Working Memory Training Raises IQ of Adults

I have pointed out in an earlier post how training young children to increase their working memory capacity will increase their IQ. This same phenomenon has now been demonstrated in young adults (mean age = 25.6 years).

Subjects were pre-tested on an IQ test involving visual analogy problems of increasing difficulty. Each problem presented a matrix of patterns in which one pattern was missing. The test was to identify the missing pattern from a set of alternatives. After training or a control without training, the test was repeated and scores compared.

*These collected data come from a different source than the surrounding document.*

-- ===== src/Backtest/Tests.antt =====
-- A run of user-server/user_server/backtest/engine.py over twenty-two candles.
use artic_trader.Prelude.{ℕ, zero, suc, ◌≡◌, refl, none, some, List, [], ◌∷◌}
use artic_trader.Prelude.Exec.{ok}
use artic_trader.Trading.Whole.{whole}
use artic_trader.Trading.Session.{Candle}
use artic_trader.Backtest.Metrics.{
  MathOps, sharpe, ratio, squares, returns, max_drawdown, deepen, win_rate, wins, total_return,
}
use artic_trader.Backtest.Orders.{
  long, CloseReason, missing, Outcome, Tick, hit, size_frac, close_position, mtm,
}
use artic_trader.Backtest.Replay.{
  run, full_run, replay, candle_step, check_levels, ask, apply, open_run, close_run, value,
  close_last, outcome,
}
use artic_trader.Backtest.Bounds.{IsBounded, run_bounds}

abbrev math : MathOps ℕ
math = record { sqrt = λ x. x; square = λ x. ok x }

-- Open a long position, and close it as soon as there is one.
abbrev strategy : Tick ℕ ℕ
strategy window none w = (
  some
      (record { action = "OPEN_LONG"; size = missing; stop_loss = missing; take_profit = missing }),
  w,
)
strategy window (some pos) w = (
  some (record { action = "CLOSE"; size = missing; stop_loss = missing; take_profit = missing }),
  w,
)

abbrev candle : Candle ℕ
candle = record { open_price = 10; high = 12; low = 9; close_price = 10; volume = 1 }

abbrev candles_of : ℕ → List (Candle ℕ)
candles_of zero = []
candles_of (suc n) = candle ∷ candles_of n

abbrev result : Outcome ℕ
result = record {
  sharpe = 0;
  max_drawdown = 0;
  total_return = 0;
  win_rate = 0;
  n_trades = 1;
  final_equity = 999;
  equity_curve = 1000 ∷ 1000 ∷ 999 ∷ [];
  trades =
      record {
        side = long;
        entry = 10;
        exit = 10;
        size_usdt = 1000;
        pnl_usdt = 0;
        reason = CloseReason.signal_close;
      }
      ∷ [];
}

runs : run ⦃o = whole⦄ strategy 10 math (candles_of 22) 1000 0 ≡ ok result
unfolding run full_run replay candle_step check_levels hit ask apply open_run size_frac close_run
    close_position value mtm close_last outcome sharpe ratio squares returns max_drawdown deepen
    win_rate wins total_return
runs = refl

run_bounds_example : IsBounded (candles_of 22) result
run_bounds_example = run_bounds ⦃o = whole⦄ strategy 10 math (candles_of 22) 1000 0 runs
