-- ===== src/Chain.antt =====
-- user-server/user_server/chain: transactions that are sent again with more gas.
pub mod Retry
pub mod Attempts
mod Tests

The working memory task consisted of presenting at the same time two short series of stimuli, one visual and one auditory. The visual stimuli consisted of a small white square positioned at one of eight locations on a black screen and presented sequentially every three seconds. After seeing the series, the subject was tested with a test screen and asked to say if it matched the screen that was presented some n-number of screens earlier. This is a standard n-back paradigm often used to test working memory capacity. The n was adjusted to performance level and increased as subjects became proficient at remembering 2, then 3, etc. prior screens. A similar protocol was used for the auditory task, which involved hearing a recording of the sounds of a sequence of alphabet letters, with subjects asked to tell if a target test sound was the same as one they had heard 2, 3, or more sounds earlier.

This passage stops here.